From 0d08aecd56b13695c490c4797eb462b8f6dc794e Mon Sep 17 00:00:00 2001
From: mikiher <mikiher@gmail.com>
Date: Wed, 18 Sep 2024 08:28:15 +0300
Subject: [PATCH] Move from libarchive to node-unrar-js for cbr and
 node-stream-zip for cbz

---
 package-lock.json                          |   9 +
 package.json                               |   1 +
 server/utils/comicBookExtractors.js        | 196 +++++++++++++++++++++
 server/utils/parsers/parseComicMetadata.js |  68 ++-----
 4 files changed, 225 insertions(+), 49 deletions(-)
 create mode 100644 server/utils/comicBookExtractors.js

diff --git a/package-lock.json b/package-lock.json
index 90493a06..6f0a3587 100644
--- a/package-lock.json
+++ b/package-lock.json
@@ -16,6 +16,7 @@
         "graceful-fs": "^4.2.10",
         "htmlparser2": "^8.0.1",
         "lru-cache": "^10.0.3",
+        "node-unrar-js": "^2.0.2",
         "nodemailer": "^6.9.13",
         "openid-client": "^5.6.1",
         "p-throttle": "^4.1.1",
@@ -3565,6 +3566,14 @@
       "integrity": "sha512-uYr7J37ae/ORWdZeQ1xxMJe3NtdmqMC/JZK+geofDrkLUApKRHPd18/TxtBOJ4A0/+uUIliorNrfYV6s1b02eQ==",
       "dev": true
     },
+    "node_modules/node-unrar-js": {
+      "version": "2.0.2",
+      "resolved": "https://registry.npmjs.org/node-unrar-js/-/node-unrar-js-2.0.2.tgz",
+      "integrity": "sha512-hLNmoJzqaKJnod8yiTVGe9hnlNRHotUi0CreSv/8HtfRi/3JnRC8DvsmKfeGGguRjTEulhZK6zXX5PXoVuDZ2w==",
+      "engines": {
+        "node": ">=10.0.0"
+      }
+    },
     "node_modules/nodemailer": {
       "version": "6.9.13",
       "resolved": "https://registry.npmjs.org/nodemailer/-/nodemailer-6.9.13.tgz",
diff --git a/package.json b/package.json
index 70cf40c2..752b2f8d 100644
--- a/package.json
+++ b/package.json
@@ -43,6 +43,7 @@
     "graceful-fs": "^4.2.10",
     "htmlparser2": "^8.0.1",
     "lru-cache": "^10.0.3",
+    "node-unrar-js": "^2.0.2",
     "nodemailer": "^6.9.13",
     "openid-client": "^5.6.1",
     "p-throttle": "^4.1.1",
diff --git a/server/utils/comicBookExtractors.js b/server/utils/comicBookExtractors.js
new file mode 100644
index 00000000..3443a570
--- /dev/null
+++ b/server/utils/comicBookExtractors.js
@@ -0,0 +1,196 @@
+const Path = require('path')
+const fs = require('../libs/fsExtra')
+const os = require('os')
+const Logger = require('../Logger')
+const { isWritable } = require('./fileUtils')
+
+const StreamZip = require('../libs/nodeStreamZip')

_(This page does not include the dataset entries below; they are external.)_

-- ===== src/Flow/Reflect.antt =====
-- From a node of the graph to its statement, and to the nodes behind it: `reflect` of
-- aderyn_core/src/context/flow/utils.rs and `children` of flow.rs.
pub mod Children
use aderyn.Prelude.{ℕ, Option, none, some, List, [], ◌∷◌, ◌>>=◌}
use aderyn.Prelude.Assoc.{lookup}
use aderyn.Flow.Ast.{Context, AstNode}
use aderyn.Flow.Node.{
  CfgNode, CfgNodeDescriptor, start_node, end_node, variable_declaration_statement,
  expression_statement, placeholder_statement, break_statement, continue_statement,
  return_statement, emit_statement, revert_statement, try_statement, inline_assembly,
  if_statement_condition, while_statement_condition, for_statement_condition,
  do_while_statement_condition, block, unchecked_block, if_statement, while_statement,
  for_statement, do_while_statement,
}
use aderyn.Flow.Cfg.{Cfg, raw_successors}

-- the `match` of `CfgNodeDescriptor::reflect`
abbrev pub ast_node_id : CfgNodeDescriptor → Option ℕ
ast_node_id (start_node n) = none
ast_node_id (end_node n) = none
ast_node_id (variable_declaration_statement n) = some n
ast_node_id (expression_statement n) = some n
ast_node_id (placeholder_statement n) = some n
ast_node_id (break_statement n) = some n
ast_node_id (continue_statement n) = some n
ast_node_id (return_statement n) = some n
ast_node_id (emit_statement n) = some n
ast_node_id (revert_statement n) = some n
ast_node_id (inline_assembly n) = some n
ast_node_id (if_statement_condition n) = n
ast_node_id (while_statement_condition n) = n
ast_node_id (for_statement_condition n) = n
ast_node_id (do_while_statement_condition n) = n
ast_node_id (block n) = some n
ast_node_id (unchecked_block n) = some n
ast_node_id (if_statement n) = some n
ast_node_id (while_statement n) = some n
ast_node_id (for_statement n) = some n
ast_node_id (do_while_statement n) = some n
ast_node_id (try_statement n) = some n

-- `CfgNodeDescriptor::reflect`
abbrev pub reflect : Context → CfgNodeDescriptor → Option AstNode
reflect nodes nd = ast_node_id nd >>= nodes

-- `map(|c| cfg.nodes.get(&c).expect("cfg invalid!")).collect()`
abbrev pub nodes_of : Cfg → List ℕ → Option (List CfgNode)
nodes_of cfg [] = some []
nodes_of cfg (c ∷ cs) = do node ← lookup c cfg.nodes; rest ← nodes_of cfg cs; some (node ∷ rest)

-- `CfgNode::children`; `none` is the panic on an id that has no node
abbrev pub children : Cfg → CfgNode → Option (List CfgNode)
children cfg node = nodes_of cfg (raw_successors cfg node.id)
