-- ===== src/Gui/Buttons.antt =====
-- The buttons and the queue of events of a window: src/idt.c, and the side of sdk/wm.c.
use my_kernel.Base.{
  ℕ, zero, suc, ◌+◌, ◌-◌, ◌==◌, ltb, if◌then◌else◌, Bool, true, false, ◌&&◌, none, some, List, [],
  ◌∷◌, ◌++◌, get_or, set, drop,
}
use my_kernel.Gui.{
  Window, Kernel, minus_one, real, text_at, overwrite, find_window, window_at, put_window, is_own,
  own_window, store_word,
}

-- The service 38 of src/idt.c: a button in the first window of the task that has room for one.
abbrev pub with_button : ℕ → ℕ → ℕ → ℕ → List ℕ → Window → Window
with_button x y w h text win =
    let b = win.button_count in
    record win {
      button_x = set win.button_x b x;
      button_y = set win.button_y b y;
      button_w = set win.button_w b w;
      button_h = set win.button_h b h;
      button_text =
          set win.button_text b (overwrite (text ++ 0 ∷ []) (get_or win.button_text b []));
      button_state = set win.button_state b 0;
      button_count = b + 1;
    }

unfoldable pub create_button : ℕ → ℕ → ℕ → ℕ → ℕ → Kernel → ℕ × Kernel
create_button x y w h text k =
    elim (find_window (λ win. is_own k win && ltb win.button_count 20) 2 (drop 2 k.windows)) [
      | none ↦ (minus_one, k)
      | some i ↦ (
        (window_at k i).button_count,
        record (put_window i
            (with_button x y w h (text_at 15 k.memory (real text k)) (window_at k i)) k) {
              force_redraw = true;
            },
      )
    ]

-- `for (j = 1; j < event_count; j++) a[j - 1] = a[j];`, where the number is event_count - 1.
unfoldable pub shift : ℕ → List ℕ → List ℕ
shift zero xs = xs
shift (suc n) [] = []
shift (suc n) (x ∷ []) = x ∷ []
shift (suc n) (x ∷ y ∷ ys) = y ∷ shift n (y ∷ ys)

abbrev pub without_first : Window → Window
without_first win = record win {
  event_type = shift (win.event_count - 1) win.event_type;
  event_id = shift (win.event_count - 1) win.event_id;
  event_count = win.event_count - 1;
}

-- The service 39: the oldest event of the first window of the task that has one.
unfoldable pub poll_event : ℕ → Kernel → ℕ × Kernel
poll_event out_id k =
    elim (find_window (λ win. is_own k win && ltb 0 win.event_count) 2 (drop 2 k.windows)) [
      | none ↦ (0, k)
      | some i ↦
          let win = window_at k i in
          (
            get_or win.event_type 0 0,
            record (put_window i (without_first win) k) {
              memory = store_word (real out_id k) (get_or win.event_id 0 0) k.memory;
              stores = (real out_id k, 4) ∷ k.stores;
            },
          )
    ]

-- The service 41.
unfoldable pub clear_gui : Kernel → ℕ × Kernel
clear_gui k = elim (own_window k) [
  | none ↦ (minus_one, k)
  | some i ↦ (
    0,
    record (put_window i
        (record (window_at k i) { button_count = 0; event_count = 0; sel_start = minus_one }) k) {
          force_redraw = true;
        },
  )
]

-- A button that the mouse releases puts an event into the queue, where there is room (sdk/wm.c).
unfoldable pub push_event : ℕ → Window → Window
push_event b win =
    if ltb win.event_count 20
    then record win {
      event_type = set win.event_type win.event_count 1;
      event_id = set win.event_id win.event_count b;
      event_count = win.event_count + 1;
    }
    else win

-- `for (b = 0; b < button_count; b++)`, with the number of rounds left; the flag is `force_redraw`.
unfoldable pub release_loop : ℕ → ℕ → Bool → Window → Bool × Window
release_loop zero b redraw win = (redraw, win)
release_loop (suc n) b redraw win =
    if get_or win.button_state b 0 == 1
    then release_loop n (b + 1) true
        (push_event b (record win { button_state = set win.button_state b 0 }))
    else release_loop n (b + 1) redraw win

unfoldable pub release_windows : Bool → List Window → Bool × List Window
release_windows redraw [] = (redraw, [])
release_windows redraw (win ∷ wins) =
    let still = record win { is_dragging = false } in
    let r = if win.is_open then release_loop win.button_count 0 redraw still else (redraw, still) in
    let rest = release_windows r.0 wins in (rest.0, r.1 ∷ rest.1)

-- `for (i = 0; i < MAX_WINDOWS; i++)`, when the left button of the mouse goes up.
unfoldable pub mouse_up : Kernel → Kernel
mouse_up k =
    let r = release_windows k.force_redraw k.windows in
    record k { windows = r.1; force_redraw = r.0 }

+const Archive = require('../libs/libarchive/archive')
+const unrar = require('node-unrar-js')
+
+class AbstractComicBookExtractor {
+  constructor(comicPath) {
+    this.comicPath = comicPath
+  }
+
+  async getBuffer() {
+    if (!(await fs.pathExists(this.comicPath))) {
+      Logger.error(`[parseComicMetadata] Comic path does not exist "${this.comicPath}"`)
+      return null
+    }
+    try {
+      return fs.readFile(this.comicPath)
+    } catch (error) {
+      Logger.error(`[parseComicMetadata] Failed to read comic at "${this.comicPath}"`, error)
+      return null
+    }
+  }
+
+  async open() {
+    throw new Error('Not implemented')
+  }
+
+  async getFilePaths() {
+    throw new Error('Not implemented')
+  }
+
+  async extractToFile(filePath, outputFilePath) {
+    throw new Error('Not implemented')
+  }
+
+  async extractToBuffer(filePath) {
+    throw new Error('Not implemented')
+  }
+
+  close() {
+    throw new Error('Not implemented')
+  }
+}
+
+class CbrComicBookExtractor extends AbstractComicBookExtractor {
+  constructor(comicPath) {
+    super(comicPath)
+    this.archive = null
+    this.tmpDir = null
+  }
+
+  async open() {
+    this.tmpDir = global.MetadataPath ? Path.join(global.MetadataPath, 'tmp') : os.tmpdir()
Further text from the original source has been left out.